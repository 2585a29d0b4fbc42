-- ===== src/Tests/Leader.antt =====
-- Elections of a leader, with whole numbers for scores.
use Prim.Native.Char.{code}
use mathlib.Core.Option.{Option, none, some}
use h2ai_control_plane.Prelude.{
  ℕ, ◌≡◌, ◌⊎◌, refl, String, Bool, true, false, List, [], ◌∷◌, arith, ltb, ◌==◌,
}
use h2ai_control_plane.Sorting.{IsStrictWeak}
use h2ai_control_plane.Identity.{ExplorerId}
use h2ai_control_plane.Tests.Constraints.{whole, whole-IsFloats}
use h2ai_control_plane.Leader.Types.{
  BeliefRecord, LeaderConfig, LeaderElectionPlan, MapeKController, LeaderHost, new,
}
use h2ai_control_plane.Leader.Question.{fnv1a, generate_socratic_question}
use h2ai_control_plane.Leader.Election.{elect, prepare_leader_election, plan_of, rotates}
use h2ai_control_plane.Leader.Chosen.{IsQuestion, answers_of, generate_socratic_question-IsQuestion}
use h2ai_control_plane.Leader.Terms.{Elections, start, wave, held, elections-IsLeaderAt}
use h2ai_control_plane.Leader.Steps.{IsLeaderAt}
use h2ai_control_plane.Leader.Elected.{IsElected, prepare_leader_election-IsElected}

below-IsStrictWeak : IsStrictWeak ltb
below-IsStrictWeak = record {
  irrefl = λ a. ground arith;
  trans = λ a b c h k. ground arith;
  neg_trans = λ a b c h k. ground arith;
}

abbrev host : LeaderHost ℕ
host = record { floats = whole; half = 0; is_whitespace = λ c. code c == 32; trim = λ s. s }

abbrev cfg : LeaderConfig ℕ
cfg = record {
  leader_enabled = true;
  leader_stagnation_threshold = 1;
  leader_stagnation_waves = 2;
  leader_credibility_decay_rate = 1;
  leader_eig_candidates = 2;
}

-- The first answer was given before, the second mentions a constraint.
abbrev adapter : String → List String → List String → ℕ → Option String
adapter prior violated asked n = if_first (n == 0)
  where
    if_first : Bool → Option String
    if_first true = some "why?"
    if_first false = some "is C-1 needed?"

abbrev buffer : List (BeliefRecord ℕ)
buffer = record { question_hash = fnv1a "why?"; question_text = "why?"; outcome_scores = [] } ∷ []

abbrev scores : List (ExplorerId × ℕ)
scores = (1, 40) ∷ (2, 90) ∷ (3, 60) ∷ []

abbrev after_wave : MapeKController ℕ
after_wave = record (new ℕ 7) {
  last_wave_verification_events = scores;
  last_wave_proposal_texts = (2, "draft") ∷ [];
  last_wave_violated_constraint_ids = "C-1" ∷ [];
  quality_history = 50 ∷ [];
}

-- The published test vector of FNV-1a for "a".
fnv1a_of_a : fnv1a "a" ≡ 12638187200555641996
unfolding fnv1a
fnv1a_of_a = refl

generate_socratic_question-IsQuestion_example :
    IsQuestion host
      ("C-1" ∷ [])
      buffer
      (answers_of host adapter "draft" ("C-1" ∷ []) buffer cfg)
      (generate_socratic_question host adapter "draft" ("C-1" ∷ []) buffer cfg).0
generate_socratic_question-IsQuestion_example =
    generate_socratic_question-IsQuestion host adapter "draft" ("C-1" ∷ []) buffer cfg
      below-IsStrictWeak

prepare_leader_election-IsElected_example :
    ((scores ≡ []) × (prepare_leader_election host after_wave cfg ≡ none))
    ⊎ ((plan : LeaderElectionPlan ℕ) × ((prepare_leader_election host after_wave cfg ≡ some plan)
          × IsElected host (rotates host after_wave cfg) scores plan.leader_explorer_id))
prepare_leader_election-IsElected_example =
    prepare_leader_election-IsElected host after_wave cfg below-IsStrictWeak

plan_is_made :
    prepare_leader_election host after_wave cfg ≡ some (plan_of host after_wave cfg (2, some 3))
unfolding prepare_leader_election
plan_is_made = refl

one_election : Elections host 7 cfg 1 (elect host adapter cfg after_wave)
one_election =
    held adapter (wave scores ((2, "draft") ∷ []) ("C-1" ∷ []) (50 ∷ []) start) refl plan_is_made

elections-IsLeaderAt_example : IsLeaderAt host 1 (elect host adapter cfg after_wave).leader
elections-IsLeaderAt_example =
    elections-IsLeaderAt host 7 cfg 1 (elect host adapter cfg after_wave) whole-IsFloats
      (λ c h. (ground arith, ground (arith, h.1))) one_election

— YOUR GOAL —
Retype the listing above in full, with no alterations.

— TASK RESULT —
repository 2585a29d0b4fbc42
-- ===== src/Tests/Leader.antt =====
-- Elections of a leader, with whole numbers for scores.
use Prim.Native.Char.{code}
use mathlib.Core.Option.{Option, none, some}
use h2ai_control_plane.Prelude.{
  ℕ, ◌≡◌, ◌⊎◌, refl, String, Bool, true, false, List, [], ◌∷◌, arith, ltb, ◌==◌,
}
use h2ai_control_plane.Sorting.{IsStrictWeak}
use h2ai_control_plane.Identity.{ExplorerId}
use h2ai_control_plane.Tests.Constraints.{whole, whole-IsFloats}
use h2ai_control_plane.Leader.Types.{
  BeliefRecord, LeaderConfig, LeaderElectionPlan, MapeKController, LeaderHost, new,
}
use h2ai_control_plane.Leader.Question.{fnv1a, generate_socratic_question}
use h2ai_control_plane.Leader.Election.{elect, prepare_leader_election, plan_of, rotates}
use h2ai_control_plane.Leader.Chosen.{IsQuestion, answers_of, generate_socratic_question-IsQuestion}
use h2ai_control_plane.Leader.Terms.{Elections, start, wave, held, elections-IsLeaderAt}
use h2ai_control_plane.Leader.Steps.{IsLeaderAt}
use h2ai_control_plane.Leader.Elected.{IsElected, prepare_leader_election-IsElected}

below-IsStrictWeak : IsStrictWeak ltb
below-IsStrictWeak = record {
  irrefl = λ a. ground arith;
  trans = λ a b c h k. ground arith;
  neg_trans = λ a b c h k. ground arith;
}

abbrev host : LeaderHost ℕ
host = record { floats = whole; half = 0; is_whitespace = λ c. code c == 32; trim = λ s. s }

abbrev cfg : LeaderConfig ℕ
cfg = record {
  leader_enabled = true;
  leader_stagnation_threshold = 1;
  leader_stagnation_waves = 2;
  leader_credibility_decay_rate = 1;
  leader_eig_candidates = 2;
}

-- The first answer was given before, the second mentions a constraint.
abbrev adapter : String → List String → List String → ℕ → Option String
adapter prior violated asked n = if_first (n == 0)
  where
    if_first : Bool → Option String
    if_first true = some "why?"
    if_first false = some "is C-1 needed?"

abbrev buffer : List (BeliefRecord ℕ)
buffer = record { question_hash = fnv1a "why?"; question_text = "why?"; outcome_scores = [] } ∷ []

abbrev scores : List (ExplorerId × ℕ)
scores = (1, 40) ∷ (2, 90) ∷ (3, 60) ∷ []

abbrev after_wave : MapeKController ℕ
after_wave = record (new ℕ 7) {
  last_wave_verification_events = scores;
  last_wave_proposal_texts = (2, "draft") ∷ [];
  last_wave_violated_constraint_ids = "C-1" ∷ [];
  quality_history = 50 ∷ [];
}

-- The published test vector of FNV-1a for "a".
fnv1a_of_a : fnv1a "a" ≡ 12638187200555641996
unfolding fnv1a
fnv1a_of_a = refl

generate_socratic_question-IsQuestion_example :
    IsQuestion host
      ("C-1" ∷ [])
      buffer
      (answers_of host adapter "draft" ("C-1" ∷ []) buffer cfg)
      (generate_socratic_question host adapter "draft" ("C-1" ∷ []) buffer cfg).0
generate_socratic_question-IsQuestion_example =
    generate_socratic_question-IsQuestion host adapter "draft" ("C-1" ∷ []) buffer cfg
      below-IsStrictWeak

prepare_leader_election-IsElected_example :
    ((scores ≡ []) × (prepare_leader_election host after_wave cfg ≡ none))
    ⊎ ((plan : LeaderElectionPlan ℕ) × ((prepare_leader_election host after_wave cfg ≡ some plan)
          × IsElected host (rotates host after_wave cfg) scores plan.leader_explorer_id))
prepare_leader_election-IsElected_example =
    prepare_leader_election-IsElected host after_wave cfg below-IsStrictWeak

plan_is_made :
    prepare_leader_election host after_wave cfg ≡ some (plan_of host after_wave cfg (2, some 3))
unfolding prepare_leader_election
plan_is_made = refl

one_election : Elections host 7 cfg 1 (elect host adapter cfg after_wave)
one_election =
    held adapter (wave scores ((2, "draft") ∷ []) ("C-1" ∷ []) (50 ∷ []) start) refl plan_is_made

elections-IsLeaderAt_example : IsLeaderAt host 1 (elect host adapter cfg after_wave).leader
elections-IsLeaderAt_example =
    elections-IsLeaderAt host 7 cfg 1 (elect host adapter cfg after_wave) whole-IsFloats
      (λ c h. (ground arith, ground (arith, h.1))) one_election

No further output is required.